### Exercise objective
In the records below, find the line containing "pub simple-HasMemory : HasMemory simple_os" and the line containing "let width : delta"; please repeat exactly the lines from one to the other, both included, and nothing more.

### Data for this task
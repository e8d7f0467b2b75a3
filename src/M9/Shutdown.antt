-- ===== src/M9/Shutdown.antt =====
-- The end of M9/main.c: `thread_pool_destroy` of M9/thread_pool.c beside the workers.
use sp327_butt_k.Base.{ℕ, suc, ◌<◌, ◌≡◌, refl, ap, List, arith, All}
use sp327_butt_k.Memory.{Ptr}
use sp327_butt_k.M9.{
  System, waiting, at_queue, running, exited, set_pc, fetch, process, Reach, wake, dequeue, run,
}
use sp327_butt_k.Pool.Invariant.{IsRequest}
use sp327_butt_k.M9.Workers.{never_exits}

-- A step of one of `n` workers.
pub data Move (n : ℕ) : System → System → Type 0 where
  woken :
      {s : System} (i : ℕ)
      → i < n
      → (s.workers i).pc ≡ waiting
      → Move n s (record s { workers = set_pc s i at_queue })
  dequeued : {s : System} (i : ℕ) → i < n → (s.workers i).pc ≡ at_queue → Move n s (fetch s i)
  ran :
      {s : System} (i : ℕ) (req : Ptr)
      → i < n
      → (s.workers i).pc ≡ running req
      → Move n s (process s i req)

-- Where `thread_pool_destroy` stands: `joined` threads were joined and freed, or the pool is freed too.
pub data DestroyPc : Type 0 where
  joining : (joined : ℕ) → DestroyPc
  returned : DestroyPc

-- The states that the program can reach from the call of `thread_pool_destroy` on.
pub data Shutdown (n : ℕ) (enqueued : List Ptr) : System → DestroyPc → Type 0 where
  called : {s : System} → Reach n enqueued s → Shutdown n enqueued s (joining 0)
  work :
      {s t : System} {pc : DestroyPc}
      → Shutdown n enqueued s pc
      → Move n s t
      → Shutdown n enqueued t pc
  join :
      {s : System} (i : ℕ)
      → Shutdown n enqueued s (joining i)
      → i < n
      → (s.workers i).pc ≡ exited
      → Shutdown n enqueued s (joining (suc i))
  free_pool : {s : System} → Shutdown n enqueued s (joining n) → Shutdown n enqueued s returned

Move-Reach :
    {n : ℕ} {enqueued : List Ptr} {s t : System}
    → Reach n enqueued s
    → Move n s t
    → Reach n enqueued t
Move-Reach r (woken i lt e) = wake i r lt e
Move-Reach r (dequeued i lt e) = dequeue i r lt e
Move-Reach r (ran i req lt e) = run i req r lt e

Shutdown-Reach :
    {n : ℕ} {enqueued : List Ptr} {s : System} {pc : DestroyPc}
    → Shutdown n enqueued s pc
    → Reach n enqueued s
Shutdown-Reach (called r) = r
Shutdown-Reach (work d m) = Move-Reach (Shutdown-Reach d) m
Shutdown-Reach (join i d lt e) = Shutdown-Reach d
Shutdown-Reach (free_pool d) = Shutdown-Reach d

abbrev count_of : DestroyPc → ℕ
count_of (joining joined) = joined
count_of returned = 0

first_join :
    {n : ℕ} {enqueued : List Ptr} {s : System} {pc : DestroyPc}
    → 0 < n
    → All IsRequest enqueued
    → Shutdown n enqueued s pc
    → pc ≡ joining 0
first_join some_worker real (called r) = refl
first_join some_worker real (work d m) = first_join some_worker real d
first_join some_worker real (join i d lt e) = absurd (never_exits (Shutdown-Reach d) real i e)
first_join some_worker real (free_pool {s} d) =
    let none_joined = ap count_of (first_join some_worker real d) in
    absurd (omega (arith, some_worker, none_joined))

-- With at least one worker, and no NULL among the requests that main enqueues, `thread_pool_destroy`
-- never returns, whatever the workers do: the program hangs.
pub never_returns :
    {n : ℕ} {enqueued : List Ptr} {s : System}
    → 0 < n
    → All IsRequest enqueued
    → ¬ Shutdown n enqueued s returned
never_returns some_worker real d = cc (first_join some_worker real d)
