-- ===== src/Memory/Simple.antt =====
-- A C library for the examples: `malloc` hands out the address behind the highest one ever used, and
-- the calls of the threads library succeed.
use sp327_butt_k.Base.{suc, ◌<◌, ◌≡◌, refl, none, [], ◌∷◌, arith, ltb, if◌then◌else◌}
use sp327_butt_k.Memory.{Ptr, Heap, read, Os, HasMemory, HasMutexes}

unfoldable pub top : Heap → Ptr
top [] = 0
top ((p, _) ∷ h) = if ltb (top h) p then p else top h

abbrev pub simple_os : Os
simple_os = record {
  malloc = λ size h. suc (top h);
  mutex_lock = λ m s. 0;
  mutex_unlock = λ m s. 0;
  mutex_init = λ m s. 0;
  cond_init = λ c s. 0;
  thread_create = λ w s. 0;
  thread_id = λ w s. w;
  thread_join = λ t s. 0;
}

read-above : (h : Heap) (a : Ptr) → top h < a → read h a ≡ none
unfolding top read
read-above [] a above = refl
read-above ((p, c) ∷ h) a above = ground (arith, read-above h a)

pub simple-HasMemory : HasMemory simple_os
simple-HasMemory = record {
  ne_null = λ size h. omega arith;
  fresh = λ size h. read-above h (suc (top h)) (omega arith);
}

pub simple-HasMutexes : HasMutexes simple_os
simple-HasMutexes = record { lock_ok = λ m s. refl; unlock_ok = λ m s. refl }
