module _ (z : Zlib) (src : Bytes) (small : length src < 2 ^ 63) (segs : List Segment) where
  module _ (c : Lru) (filled : IsFilled z src segs c) (s : Segment) (safe : IsSafe z src segs s)
      (b : Bytes) (len : s.len ≡ length b) (right : Right z src c s) (delta want : ℕ)
      (room : delta + want ≤ length b) (bound : length b < 2 ^ 63) where
    abbrev Result : Outcome (Bytes × Lru) → Type 0
    Result r = (c' : Lru) × (r ≡ ok (take want (drop delta b), c')) × IsFilled z src segs c'

    stored_part :
        slice_at src s.addr s.len ≡ ok b
        → slice_at src (add64 s.addr delta) want ≡ ok (take want (drop delta b))
    stored_part e =
        let v = Post-eq-ok (slice_at-IsSlice src s.addr s.len) e in
        let start : add64 s.addr delta ≡ s.addr + delta =
          omega (arith, v.inside, len, room, small) in
        ap (λ t. slice_at src t want) start
        ∙ slice_at-ok src (s.addr + delta) want small (omega (arith, v.inside, len, room))
        ∙ ap ok (
            sym (
              ap (λ t. take want (drop delta t)) v.content
              ∙ ap (take want) (drop-take delta s.len (drop s.addr src))
              ∙ take-take want (s.len - delta) (drop delta (drop s.addr src))
                  (omega (arith, len, room))
              ∙ ap (take want) (drop-drop s.addr delta src)))

    cached_part :
        is_cached s.kind ≡ true
        → decompress z src s ≡ ok b
        → Result (do
          (buf, c') ← decompressed z src s c
          t ← slice buf delta (add64 delta want)
          ok (t, c'))
    cached_part kind e =
        let r = decompressed-IsFilled z src segs c s b e kind safe right filled in
        let stop : add64 delta want ≡ delta + want = omega (arith, room, bound) in
        let width : delta + want - delta ≡ want = omega arith in
        (r.0, rw (r.1, stop, slice-ok b delta (delta + want) (omega arith) room, width), r.2)

    part :
        (k : SegKind)
        → s.kind ≡ k
        → segment_bytes k z src s ≡ ok b
        → Result (read_segment k z src s delta want c)
    unfolding read_segment segment_bytes
    part seg_stored k e = (c, rw (stored_part e), filled)
    part seg_zero k e =
        let here : replicate s.len 0 ≡ b = cc in
        (
          c,
          ap (λ t. ok (t, c))
              (sym (zeros_part s.len delta want (omega (arith, len, room)))
                ∙ ap (λ t. take want (drop delta t)) here),
          filled,
        )
    part seg_deflate k e = cached_part (ap is_cached k) e
    part seg_transpose_deflate k e = cached_part (ap is_cached k) e

  All-both :
      (P Q : Segment → Type 0) (xs : List Segment) → All P xs → All Q xs → All (λ s. P s × Q s) xs
  All-both P Q [] p q = tt
  All-both P Q (x ∷ xs) (p, ps) (q, qs) = ((p, q), All-both P Q xs ps qs)

  module _ (whole : Bytes) (laid : IsLaid z src 0 segs whole) (bound : length whole < 2 ^ 63)
      (safe : All (IsSafe z src segs) segs) where
    -- A round reads at least a byte, and what it reads is the stream's.
    record IsRound (c : Lru) (left off : ℕ) (r : Outcome (Bytes × Lru)) : Type 0 where
      count : ℕ
      after : Lru
      result : r ≡ ok (take count (drop off whole), after)
      filled : IsFilled z src segs after
      progress : 0 < count
      asked : count ≤ left
      inside : off + count ≤ length whole

    found-IsRound :
        (c : Lru)
        → IsFilled z src segs c
        → (left off : ℕ) → 0 < left
        → left < 2 ^ 63
        → {found : Option Segment}
        → Holds z src (λ s. IsSafe z src segs s × Right z src c s) found off (drop off whole)
        → off < length whole
        → IsRound c left off (read_found found z src left off c)
    unfolding read_found
    found-IsRound c filled left off some_left few h high =
        rw (h.found_eq, inside_seg, delta_eq, avail_eq) (by_want (Bool-cases (slt avail left)))
      where
        delta : ℕ
        delta = off - h.seg.logical

        avail : ℕ
        avail = length h.content - delta

        inside_seg : slt off (add64 h.seg.logical h.seg.len) ≡ true
        inside_seg =
            let e : add64 h.seg.logical h.seg.len ≡ h.seg.logical + length h.content =
              omega (arith, h.fits, h.len_eq) in
            ap (slt off) e ∙ slt-true off (h.seg.logical + length h.content) h.high h.fits

        delta_eq : sub64 off h.seg.logical ≡ delta
        delta_eq = omega (arith, h.low, h.high, h.fits)

        avail_eq : sub64 h.seg.len delta ≡ avail
        avail_eq = omega (arith, h.len_eq, h.high, h.low, h.fits)

        same : (w : ℕ) → w ≤ avail → take w (drop delta h.content) ≡ take w (drop off whole)
        same w k = sym (
            ap (take w) h.view_eq
            ∙ take_left w (drop delta h.content) h.rest
                (omega (arith, k, length-drop delta h.content)))

        reads :
            (w : ℕ)
            → 0 < w
            → w ≤ avail
            → w ≤ left
            → IsRound c left off (read_segment h.seg.kind z src h.seg delta w c)
        reads w pos k m =
            let r =
              part c filled h.seg h.holds.0 h.content h.len_eq h.holds.1 delta w
                (omega (arith, k, h.low, h.high)) (omega (arith, h.fits)) h.seg.kind refl
                h.content_eq in
            record {
              count = w;
              after = r.0;
              result = r.1 ∙ ap (λ t. ok (t, r.0)) (same w k);
              filled = r.2;
              progress = pos;
              asked = m;
              inside = omega (
                arith,
                k,
                high,
                ap length h.view_eq,
                length-append (drop delta h.content) h.rest,
                length-drop off whole,
                length-drop delta h.content,
              );
            }

        by_want :
            ((slt avail left) ≡ true) ⊎ ((slt avail left) ≡ false)
            → IsRound c left off (
                read_segment h.seg.kind z src h.seg delta
                  (if slt avail left then avail else left)
                  c)
        by_want (inl fewer) = rw fewer (
            reads avail (omega (arith, h.low, h.high)) (omega arith) (
              omega
                (arith, ltb→lt (add64 avail (2 ^ 63)) (add64 left (2 ^ 63)) fewer, few, h.fits)))
        by_want (inr enough) = rw enough (
            reads left some_left
              (omega
                (arith, ltb→ge (add64 avail (2 ^ 63)) (add64 left (2 ^ 63)) enough, few, h.fits))
              (omega arith))

    abbrev Loop : ℕ → ℕ → Reading → Type 0
    Loop left off r =
        (after : Lru) × (r ≡ (take left (drop off whole), after, ok tt)) × IsFilled z src segs after

    nothing_left :
        (left off : ℕ) → (left ≡ 0) ⊎ (length whole ≤ off) → [] ≡ take left (drop off whole)
    nothing_left left off (inl e) = ap (λ t. take t (drop off whole)) (sym e)
    nothing_left left off (inr e) = sym (ap (take left) (drop_all off whole e) ∙ take-nil left)

    step-Loop :
        (fuel left off : ℕ) (c : Lru)
        → left < 2 ^ 63
        → left ≤ suc fuel
        → off < length whole
        → (r : Outcome (Bytes × Lru)) → IsRound c left off r
        → ((left' off' : ℕ) (c' : Lru)
            → left' < 2 ^ 63
            → left' ≤ fuel
            → off' ≤ length whole
            → IsFilled z src segs c'
            → Loop left' off' (read_loop fuel z src segs (length whole) left' off' c'))
        → Loop left off (elim r [
          | ok r ↦
              let later =
                read_loop fuel z src segs
                  (length whole)
                  (left - length r.0)
                  (add64 off (length r.0))
                  r.1 in
              (r.0 ++ later.0, later.1, later.2)
          | err e ↦ ([], c, err e)
          | panic ↦ ([], c, panic)
        ])
    step-Loop fuel left off c few h high r v later = rw v.result (
      next.0,
      ap₂ (λ l o. prepend (read_loop fuel z src segs (length whole) l o v.after)) left_eq off_eq
          ∙ ap prepend next.1
          ∙ ap (λ (t : Bytes). let p : Reading = (t, next.0, ok tt) in p) join,
      next.2,
    )
      where
        piece : Bytes
        piece = take v.count (drop off whole)

        prepend : Reading → Reading
        prepend t = (piece ++ t.0, t.1, t.2)

        size : length piece ≡ v.count
        size = omega (arith, v.inside, length-take v.count (drop off whole), length-drop off whole)

        next :
            Loop
              (left - v.count)
              (off + v.count)
              (read_loop fuel z src segs (length whole) (left - v.count) (off + v.count) v.after)
        next =
            later (left - v.count) (off + v.count) v.after (omega (arith, few))
              (omega (arith, h, v.progress)) v.inside v.filled

        left_eq : left - length piece ≡ left - v.count
        left_eq = omega (arith, size)

        off_eq : add64 off (length piece) ≡ off + v.count
        off_eq = omega (arith, size, v.inside, bound)

        join :
            piece ++ take (left - v.count) (drop (off + v.count) whole) ≡ take left (drop off whole)
        join =
            let e : v.count + (left - v.count) ≡ left = omega (arith, v.asked) in
            ap (λ t. piece ++ take (left - v.count) t) (sym (drop-drop off v.count whole))
            ∙ sym (take_more v.count (left - v.count) (drop off whole))
            ∙ ap (λ t. take t (drop off whole)) e

    stops :
        (left off : ℕ)
        → off ≤ length whole
        → (left == 0 || not (slt off (length whole))) ≡ true
        → (left ≡ 0) ⊎ (length whole ≤ off)
    stops left off at h = elim (Bool-cases (left == 0)) [
      | inl e ↦ inl (==→eq left 0 e)
      | inr ne ↦ elim (Bool-cases (ltb off (length whole))) [
        | inl lt ↦
            let on = slt-true off (length whole) (ltb→lt off (length whole) lt) bound in
            absurd_test (slt off (length whole)) on (rw ne at h)
        | inr ge ↦ inr (ltb→ge off (length whole) ge)
      ]
    ]
      where
        absurd_test : (b : Bool) → b ≡ true → not b ≡ true → (left ≡ 0) ⊎ (length whole ≤ off)
        absurd_test true e k = cc
        absurd_test false e k = cc

    goes :
        (left off : ℕ)
        → off ≤ length whole
        → (left == 0 || not (slt off (length whole))) ≡ false
        → (0 < left) × (off < length whole)
    goes left off at h = elim (Bool-cases (left == 0)) [
      | inl e ↦ absurd_true (left == 0) (not (slt off (length whole))) e h
      | inr ne ↦ elim (Bool-cases (ltb off (length whole))) [
        | inl lt ↦ (omega (arith, ==→ne left 0 ne), ltb→lt off (length whole) lt)
        | inr ge ↦
            absurd_true (not (slt off (length whole))) (left == 0)
              (ap not (
                slt-false off (length whole) (ltb→ge off (length whole) ge)
                  (omega (arith, at, bound))))
              (flip (left == 0) (not (slt off (length whole))) h)
      ]
    ]
      where
        absurd_true : (a b : Bool) → a ≡ true → (a || b) ≡ false → (0 < left) × (off < length whole)
        absurd_true true b e k = cc
        absurd_true false b e k = cc

        flip : (a b : Bool) → (a || b) ≡ false → (b || a) ≡ false
        flip true b k = cc
        flip false true k = cc
        flip false false k = refl

    read_loop-Loop :
        (fuel left off : ℕ) (c : Lru)
        → left < 2 ^ 63
        → left ≤ fuel
        → off ≤ length whole
        → IsFilled z src segs c
        → Loop left off (read_loop fuel z src segs (length whole) left off c)
    unfolding read_loop
    read_loop-Loop zero left off c few h at f = (
      c,
      ap (λ (t : Bytes). let p : Reading = (t, c, ok tt) in p)
          (nothing_left left off (inl (omega (arith, h)))),
      f,
    )
    read_loop-Loop (suc fuel) left off c few h at f =
        elim (Bool-cases (left == 0 || not (slt off (length whole)))) [
          | inl stop ↦ rw stop (
            c,
            ap (λ (t : Bytes). let p : Reading = (t, c, ok tt) in p)
                (nothing_left left off (stops left off at stop)),
            f,
          )
          | inr go ↦
              let k = goes left off at go in
              let whole_off : off - 0 ≡ off = omega arith in
              let held =
                subst
                  (λ o.
                    Holds z src (λ s. IsSafe z src segs s × Right z src c s) (locate none segs off)
                      off (drop o whole))
                  whole_off
                  (locate-Holds z src (λ s. IsSafe z src segs s × Right z src c s) none off laid
                    (All-both (IsSafe z src segs) (Right z src c) segs safe f.right) (omega arith)
                    (omega (arith, k.1)) (omega (arith, bound))) in
              rw go (
                step-Loop fuel left off c few h k.1 _ (found-IsRound c f left off k.0 few held k.1)
                  (λ left' off' c' few' h' at' f'.
                    read_loop-Loop fuel left' off' c' few' h' at' f'))
        ]

    read_at-IsLaid :
        (n off : ℕ) (c : Lru)
        → n < 2 ^ 63
        → off ≤ length whole
        → IsFilled z src segs c
        → (after : Lru) × (read_at z src segs (length whole) n off c ≡ (
          take n (drop off whole),
          after,
          if ltb (length whole - off) n then err out_of_bounds else ok tt,
        ))
          × IsFilled z src segs after
    unfolding read_at
    read_at-IsLaid n off c few at f =
        let r = read_loop-Loop n n off c few (omega arith) at f in
        (r.0, rw (in_range, r.1, short), r.2)
      where
        in_range : (leb (2 ^ 63) off || slt (length whole) off) ≡ false
        in_range =
            rw (gt→leb (2 ^ 63) off (omega (arith, at, bound)))
              (slt-false (length whole) off at bound)

        short : ltb (length (take n (drop off whole))) n ≡ ltb (length whole - off) n
        short = ground (arith, length-take n (drop off whole), length-drop off whole)

    -- What `ReadAt` returns is the stream's: `n` bytes from `off` on, or with an error the bytes up
    -- to the end, whatever right payloads the cache holds before and whatever the prefetch stores,
    -- in any order; and the cache then holds right payloads again.
    pub read_at-Prefetch :
        (n off : ℕ) (c c' : Lru)
        → n < 2 ^ 63
        → off ≤ length whole
        → IsFilled z src segs c
        → Prefetch z src (IsSafe z src segs) c c'
        → (after : Lru) × (read_at z src segs (length whole) n off c' ≡ (
          take n (drop off whole),
          after,
          if ltb (length whole - off) n then err out_of_bounds else ok tt,
        ))
          × IsFilled z src segs after
    read_at-Prefetch n off c c' few at f p =
        read_at-IsLaid n off c' few at (Prefetch-IsFilled z src segs c c' p f)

### Result of this exercise
pub simple-HasMemory : HasMemory simple_os
simple-HasMemory = record {
  ne_null = λ size h. omega arith;
  fresh = λ size h. read-above h (suc (top h)) (omega arith);
}

pub simple-HasMutexes : HasMutexes simple_os
simple-HasMutexes = record { lock_ok = λ m s. refl; unlock_ok = λ m s. refl }
module _ (z : Zlib) (src : Bytes) (small : length src < 2 ^ 63) (segs : List Segment) where
  module _ (c : Lru) (filled : IsFilled z src segs c) (s : Segment) (safe : IsSafe z src segs s)
      (b : Bytes) (len : s.len ≡ length b) (right : Right z src c s) (delta want : ℕ)
      (room : delta + want ≤ length b) (bound : length b < 2 ^ 63) where
    abbrev Result : Outcome (Bytes × Lru) → Type 0
    Result r = (c' : Lru) × (r ≡ ok (take want (drop delta b), c')) × IsFilled z src segs c'

    stored_part :
        slice_at src s.addr s.len ≡ ok b
        → slice_at src (add64 s.addr delta) want ≡ ok (take want (drop delta b))
    stored_part e =
        let v = Post-eq-ok (slice_at-IsSlice src s.addr s.len) e in
        let start : add64 s.addr delta ≡ s.addr + delta =
          omega (arith, v.inside, len, room, small) in
        ap (λ t. slice_at src t want) start
        ∙ slice_at-ok src (s.addr + delta) want small (omega (arith, v.inside, len, room))
        ∙ ap ok (
            sym (
              ap (λ t. take want (drop delta t)) v.content
              ∙ ap (take want) (drop-take delta s.len (drop s.addr src))
              ∙ take-take want (s.len - delta) (drop delta (drop s.addr src))
                  (omega (arith, len, room))
              ∙ ap (take want) (drop-drop s.addr delta src)))

    cached_part :
        is_cached s.kind ≡ true
        → decompress z src s ≡ ok b
        → Result (do
          (buf, c') ← decompressed z src s c
          t ← slice buf delta (add64 delta want)
          ok (t, c'))
    cached_part kind e =
        let r = decompressed-IsFilled z src segs c s b e kind safe right filled in
        let stop : add64 delta want ≡ delta + want = omega (arith, room, bound) in
        let width : delta + want - delta ≡ want = omega arith in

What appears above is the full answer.